## **1. Introduction**
---
### Comparison to Logistic Regression
- Remember logist regression used a curve of the form:
$$y_{\beta}(x) = \frac{1}{1+e^{-(\beta_0 + \beta_{1}x + \epsilon)}}$$
- Where $\beta_{k}$ are model parameters to be optimised through fitting
- The idea is to transform the loss function from the linear regression so that we weigh the far-away points much less, so that our separation hyperplace does not try too hard to get those right.
- This was a measure taken in order to not be skewed by the outliers in our dataset

### SVMs
- Involves moving decision boundary to find the best possible position
- One way of finding the best possible decision boundary is by moving it until we have no misclassifications
- However, often there are multiple locations where we get no misclassifications, so we have a "region", in which we have no misclassifications
- The overarching goal of SVMs is to maximuse this "region", between classes
- SVMs will **not return probabilities** only a classification of 0 vs 1

## **2. SVMs**
---
- The vectors that define the boundaries of the regions between classes are called support vectors
- In 2D we can consider finding the line that best separates the two regions
- So we want to find that line that has no misclassifications that is as far away as possible from both regions (to reduce the sensitivity of the model)

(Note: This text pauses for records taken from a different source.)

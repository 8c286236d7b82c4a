-- ===== src/Spectrum/Reached.antt =====
-- The states that `PSDCalc` reaches, by calls in any order.
use pscdrv.Common.{
  ℕ, List, length, if◌then◌else◌, subst, ◌==◌, ◌&&◌, ◌≡◌, refl, ap, ◌∙◌, sym, inl, inr, arith,
  Bool-cases,
}
use pscdrv.Floating.{Floating}
use pscdrv.Spectrum.{
  Window, Fftw, Psd, calculated, new_psd, set_nfft, set_fsamp, set_input, set_window,
}
use pscdrv.Spectrum.Steps.{calculate}
use pscdrv.Spectrum.Planned.{IsInPlace, IsPlanned, calculate-IsPlanned}

module _ (fl : Floating) (lib : Fftw fl.Double) where
  open fl use {Double}

  pub data Reach : Psd Double → Type 0 where
    begun : (w : Window) → Reach (new_psd fl w)
    set_size : {p : Psd Double} (n : ℕ) → Reach p → Reach (set_nfft fl n p).0
    set_rate : {p : Psd Double} (f : Double) → Reach p → Reach (set_fsamp fl f p).0
    given :
        {p : Psd Double} (xs : List Double) (m : Double) → Reach p → Reach (set_input fl xs m p).0
    windowed_by : {p : Psd Double} (w : Window) → Reach p → Reach (set_window fl w p)
    ran : {p q : Psd Double} → Reach p → calculate fl lib p ≡ calculated q → Reach q

  pub set_nfft-IsPlanned : (n : ℕ) (p : Psd Double) → IsPlanned p → IsPlanned (set_nfft fl n p).0
  unfolding set_nfft
  set_nfft-IsPlanned n p v = elim (Bool-cases (n == p.nfft)) [
    | inl same ↦ rw same v
    | inr new ↦ rw new (inl refl)
  ]

  pub set_fsamp-IsPlanned :
      (f : Double) (p : Psd Double) → IsPlanned p → IsPlanned (set_fsamp fl f p).0
  unfolding set_fsamp
  set_fsamp-IsPlanned f p v = elim (Bool-cases (fl.eq p.fsamp f)) [
    | inl same ↦ rw same v
    | inr new ↦ rw new (inl refl)
  ]

  pub set_input-IsPlanned :
      (xs : List Double) (m : Double) (p : Psd Double)
      → IsPlanned p
      → IsPlanned (set_input fl xs m p).0
  unfolding set_input
  set_input-IsPlanned xs m p v =
      let scale = if fl.eq m (fl.of_int 0) then fl.literal "1.0" else m in
      elim (Bool-cases (length xs == length p.input && fl.eq scale p.mult)) [
        | inr new ↦ rw new (inl refl)
        | inl same ↦
            let l : length xs ≡ length p.input = ground arith in
            rw same (elim v [ inl r ↦ inl r | inr (z, w) ↦ inr (rw l z, w ∙ sym l) ])
      ]

  ran-IsPlanned :
      (p q : Psd Double)
      → IsInPlace lib
      → IsPlanned p
      → calculate fl lib p ≡ calculated q
      → IsPlanned q
  ran-IsPlanned p q laws v e =
      let (r, f, w) = calculate-IsPlanned fl lib p laws v in
      let same : r ≡ q = ap (λ c. elim c [ calculated x ↦ x | _ ↦ r ]) (sym f ∙ e) in
      subst IsPlanned same w

  Reach-IsPlanned : (p : Psd Double) → IsInPlace lib → Reach p → IsPlanned p
  unfolding new_psd set_window
  Reach-IsPlanned p laws (begun w) = inl refl
  Reach-IsPlanned p laws (set_size n r) = set_nfft-IsPlanned n _ (Reach-IsPlanned _ laws r)
  Reach-IsPlanned p laws (set_rate f r) = set_fsamp-IsPlanned f _ (Reach-IsPlanned _ laws r)
  Reach-IsPlanned p laws (given xs m r) = set_input-IsPlanned xs m _ (Reach-IsPlanned _ laws r)
  Reach-IsPlanned p laws (windowed_by w r) = inl refl
  Reach-IsPlanned q laws (ran r e) = ran-IsPlanned _ q laws (Reach-IsPlanned _ laws r) e

  -- Whatever inputs, sizes, rates and windows are set, in any order with calculations, no assertion
  -- of the next calculation fails, nothing is read beyond the window, and afterwards a new plan is due
  -- or the plans, the bins, the output and the window fit the input. A plan is made for every part
  -- that is asked for, and its making leaves as many numbers in place as there were.
  pub Reach-calculate :
      (p : Psd Double)
      → IsInPlace lib
      → Reach p
      → (q : Psd Double) × (calculate fl lib p ≡ calculated q) × IsPlanned q
  Reach-calculate p laws r = calculate-IsPlanned fl lib p laws (Reach-IsPlanned p laws r)
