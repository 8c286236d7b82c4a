-- ===== src/Spectrum/Calc/Run/Results.antt =====
-- Every round of the worker ends.
use pscdrv.Common.{Bool, true, false, ◌||◌, ◌==◌, some, ◌+◌, ◌≡◌, refl, inl, inr, Bool-cases}
use pscdrv.Floating.{Floating}
use pscdrv.Spectrum.{Fftw, Psd, set_nfft, set_fsamp}
use pscdrv.Spectrum.Planned.{IsInPlace, IsPlanned, calculate-IsPlanned}
use pscdrv.Spectrum.Reached.{set_nfft-IsPlanned, set_fsamp-IsPlanned, set_input-IsPlanned}
use pscdrv.Spectrum.Calc.{Calc}
use pscdrv.Spectrum.Calc.Run.{same_window, retyped, prepare, finish, run_once}

module _ (fl : Floating) (lib : Fftw fl.Double) where
  open fl use {Double, le, literal}

  -- A new type of window asks for a new plan.
  retyped-IsPlanned : (c : Calc Double) → IsPlanned c.calc → IsPlanned (retyped fl lib c)
  retyped-IsPlanned c v = elim (Bool-cases (same_window fl lib c)) [
    | inl same ↦ rw same v
    | inr new ↦ rw new (inl refl)
  ]

  prepare-IsPlanned : (c : Calc Double) → IsPlanned c.calc → IsPlanned (prepare fl lib c).0
  unfolding prepare
  prepare-IsPlanned c v =
      let rated = (set_fsamp fl c.fsamp (retyped fl lib c)).0 in
      let sized = (set_nfft fl c.nfft rated).0 in
      set_input-IsPlanned fl lib c.valin c.mult sized (
        set_nfft-IsPlanned fl lib c.nfft rated
          (set_fsamp-IsPlanned fl lib c.fsamp (retyped fl lib c) (retyped-IsPlanned c v)))

  finish-IsPlanned :
      (scalchange : Bool) (p : Psd Double) (c : Calc Double)
      → IsPlanned p
      → IsPlanned (finish fl lib scalchange p c).calc
  unfolding finish
  finish-IsPlanned true p c v = v
  finish-IsPlanned false p c v = v

  -- A round of the worker, where a new plan is due or the plans and the window fit the calculation's
  -- input, ends without a failed assertion and without a read out of bounds, and that is so again.
  run_once-IsPlanned :
      (c : Calc Double)
      → IsInPlace lib
      → IsPlanned c.calc
      → (c' : Calc Double) × (run_once fl lib c ≡ some c') × IsPlanned c'.calc
  unfolding run_once
  run_once-IsPlanned c laws v =
      let (p, scalchange) = prepare fl lib c in
      let (q, e, w) = calculate-IsPlanned fl lib p laws (prepare-IsPlanned c v) in
      elim (Bool-cases (le c.fsamp (literal "0.0") || c.nfft == 0)) [
        | inl idle ↦ (record c { valid = false; value_scans = c.value_scans + 1 }, rw idle refl, v)
        | inr complete ↦
            (finish fl lib scalchange q c, rw (complete, e) refl, finish-IsPlanned scalchange q c w)
      ]
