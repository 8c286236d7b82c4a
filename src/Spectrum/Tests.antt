-- ===== src/Spectrum/Tests.antt =====
-- The theorem on power spectra at a concrete input; whole numbers stand for floating point.
use pscdrv.Common.{ℕ, true, List, [], ◌∷◌, ◌≡◌, refl}
use pscdrv.Floating.{Floating}
use pscdrv.Floating.Whole.{whole_numbers}
use pscdrv.Spectrum.{none, hann, Fftw, Psd, calculated, new_psd, set_nfft, set_input, set_window}
use pscdrv.Spectrum.Steps.{calculate}
use pscdrv.Spectrum.Planned.{IsPlanned}
use pscdrv.Spectrum.Reached.{Reach, begun, set_size, given, windowed_by, Reach-calculate}

abbrev whole : Floating
whole = whole_numbers 1

-- A transform that repeats its input, and a planning that leaves it alone.
abbrev repeated : List ℕ → List (ℕ × ℕ)
repeated [] = []
repeated (x ∷ xs) = (x, 0) ∷ repeated xs

abbrev library : Fftw ℕ
library = record { sin = λ x. x; makes_plan = λ xs. true; planning = λ xs. xs; dft = repeated }

-- Two bins of two samples, with a Hann window.
abbrev prepared : Psd ℕ
prepared =
    (set_input whole (4 ∷ 2 ∷ 6 ∷ 8 ∷ []) 1
      (set_nfft whole 2 (set_window whole hann (new_psd whole none))).0).0

prepared-Reach : Reach whole library prepared
prepared-Reach = given (4 ∷ 2 ∷ 6 ∷ 8 ∷ []) 1 (set_size 2 (windowed_by hann (begun none)))

Reach-calculate_example :
    (q : Psd ℕ) × (calculate whole library prepared ≡ calculated q) × IsPlanned q
Reach-calculate_example = Reach-calculate whole library prepared (λ xs. (refl, refl)) prepared-Reach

### The cost function of SVMs
- With logisitic regression, the cost function smooths out and never reaches zero unless we get an exact prediction of 1.00
- SVMs instead use hinge loss, which will not penalise values outside of our margin, assuming that we predicted them correctly, but will more heavily penalise those values that are further and further away from that margin
- If we are at or inside the region defined by our support vectors, then we begin to incur some loss (zero loss at the support vector, but then as we approach the decision boundary itself, we reach a loss of 1)
- If the point falls on the opposite support vector that the one which defines the region that it is supposed to be in, then we have a loss of 2
- This loss function is a linear piecewise function, with a "breakpoint" at the support vector of the desired class

### Regularisation in SVMs
- Acheive by adding a term in the cost function that tries to minimse the coefficients, ie. trying to get the decision boundary to be as simple as possible
$$J(\beta) = \text{SVMCost}{\beta} + \frac{1}{c}\sum_i\beta_i$$
- For overfit models, the first term (misclassification term) may be low, but inevitably a more complicated decision boundary will have been used, so the second term will be larger
- The regularisation effect can be tuned by modifying the value of c (lower c = more regularisation)

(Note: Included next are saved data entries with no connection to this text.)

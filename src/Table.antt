-- ===== src/Table.antt =====
-- The ramp tables of a power supply (pscApp/src/psctbl.cpp). This module has the `TableController`,
-- how records find theirs, and the handlers that set its fields.
pub mod Ramp
pub mod Pack
pub mod Transient
pub mod Update
mod Tests
use pscdrv.Common.{
  ℕ, List, [], ◌∷◌, ◌++◌, Bool, true, false, ◌&&◌, ◌||◌, Option, none, some, String, leb, ltb, ◌==◌,
  if◌then◌else◌, ◌%◌, ◌^◌,
}
use pscdrv.Floating.{Floating}
use pscdrv.Outcome.{Status, write_alarm, Severity, invalid_alarm}

-- `TableController`; the PSCs it points to stand beside it. An int is its bit pattern. `scans` counts
-- the requests on `errorscan`.
pub record Controller (Float : Type 0) : Type 0 where
  pub bid : ℕ
  pub next_tr : List Float
  pub next_tg : List Float
  pub prev_tg : List Float
  pub curmode : ℕ
  pub max_delta1 : Float
  pub max_delta2 : Float
  pub start_point : ℕ
  pub alarm_bits : ℕ
  pub scans : ℕ

-- What the fields without an initialiser hold.
pub record Junk (Float : Type 0) : Type 0 where
  pub mode : ℕ
  pub delta1 : Float
  pub delta2 : Float
  pub start : ℕ
  pub alarms : ℕ

unfoldable pub new_controller : {Float : Type 0} → Junk Float → ℕ → Controller Float
new_controller junk block = record {
  bid = block % 2 ^ 16;
  next_tr = [];
  next_tg = [];
  prev_tg = [];
  curmode = junk.mode;
  max_delta1 = junk.delta1;
  max_delta2 = junk.delta2;
  start_point = junk.start;
  alarm_bits = junk.alarms;
  scans = 0;
}

-- An entry of `tcmap`: its key, which is a PSC and a block, the PSC that it receives from, and the
-- controller. PSCs are pointers: a number stands for one.
pub record Entry (Float : Type 0) : Type 0 where
  pub psc : ℕ
  pub block : ℕ
  pub rxpsc : ℕ
  pub controller : Controller Float

-- A link as the stream leaves it: whether the stream is bad, the names, and the block, which is junk
-- where it could not be read.
pub record Link : Type 0 where
  pub bad : Bool
  pub name : String
  pub rxname : String
  pub block : ℕ

module _ {Float : Type 0} where
  unfoldable pub find_entry : ℕ → ℕ → List (Entry Float) → Option (Entry Float)
  find_entry psc block [] = none
  find_entry psc block (e ∷ es) =
      let rest = find_entry psc block es in
      if e.psc == psc && e.block == block then some e else rest

  -- `parse_link_table`: the map after it, and the entry that `dpvt` is set to, if any.
  unfoldable pub parse_link_table :
      Junk Float
      → (String → Option ℕ)
      → Link
      → List (Entry Float)
      → List (Entry Float) × Option (Entry Float)
  unfolding find_entry new_controller
  parse_link_table junk psc_of l es = if l.bad then (es, none) else (elim (psc_of l.name) [
    | none ↦ (es, none)
    | some psc ↦ elim (psc_of l.rxname) [
      | none ↦ (es, none)
      | some rxpsc ↦ elim (find_entry psc l.block es) [
        | some e ↦ (es, some e)
        | none ↦
            let e : Entry Float = record {
              psc = psc;
              block = l.block;
              rxpsc = rxpsc;
              controller = new_controller junk l.block;
            } in
            (es ++ (e ∷ []), some e)
      ]
    ]
  ])

  -- The init functions of the record types: `wants_float` is whether FTVL is checked, and the result
  -- has the status.
  unfoldable pub init_record :
      Option Bool
      → ℕ
      → Junk Float
      → (String → Option ℕ)
      → Link
      → List (Entry Float)
      → ℕ × List (Entry Float) × Option (Entry Float)
  unfolding parse_link_table
  init_record (some false) status junk psc_of l es = (0, es, none)
  init_record (some true) status junk psc_of l es =
      let (es', e) = parse_link_table junk psc_of l es in (status, es', e)
  init_record none status junk psc_of l es =
      let (es', e) = parse_link_table junk psc_of l es in (status, es', e)

-- A handler that sets a field: the alarm that it raises, and the controller.
abbrev pub Set : Type 0 → Type 0
Set Float = Option (Status × Severity) × Controller Float

abbrev pub refuse : {Float : Type 0} → Controller Float → Set Float
refuse t = (some (write_alarm, invalid_alarm), t)

module _ (fl : Floating) where
  open fl use {Float, Double}

  -- RVAL is unsigned.
  unfoldable pub proc_set_mode : ℕ → Controller Float → Set Float
  proc_set_mode rval t = if ltb 2 rval then refuse t else (none, record t { curmode = rval })

  unfoldable pub proc_set_max_delta1 : Double → Controller Float → Set Float
  proc_set_max_delta1 val t =
      if fl.lt val (fl.of_int 0) then refuse t else (none, record t { max_delta1 = fl.narrow val })

  unfoldable pub proc_set_max_delta2 : Double → Controller Float → Set Float
  proc_set_max_delta2 val t =
      if fl.lt val (fl.of_int 0) then refuse t else (none, record t { max_delta2 = fl.narrow val })

  -- VAL is an epicsInt32 as its bit pattern.
  unfoldable pub proc_set_start_point : ℕ → Controller Float → Set Float
  proc_set_start_point val t =
      if leb (2 ^ 31) val then refuse t else (none, record t { start_point = val })

  unfoldable pub proc_read_alarms : Controller Float → ℕ
  proc_read_alarms t = t.alarm_bits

### Interpretation of SVM coefficients
- The vector $\beta$ represents the vector orthogonal to the hyperplane (or decision boundary)
- We can use the fact that these coefficients dotted with the relevant features will define the side of the boundary that the feature vector will be labelled as falling on

### Syntax

In [None]:
# Import class containing our classification method
from sklearn.svm import LinearSVC
LinSVC = LinearSVC(penalty='l2', C=10.0)
LinSVC.fit(X_train, y_train)        # type: ignore
y_predict = LinSVC.predict(X_test)  # type: ignore

# Tune regularisation parameters with cross-validation (gridsearchCV)
# Can also use LinearSVM for regression (y_train would have to be continuous values)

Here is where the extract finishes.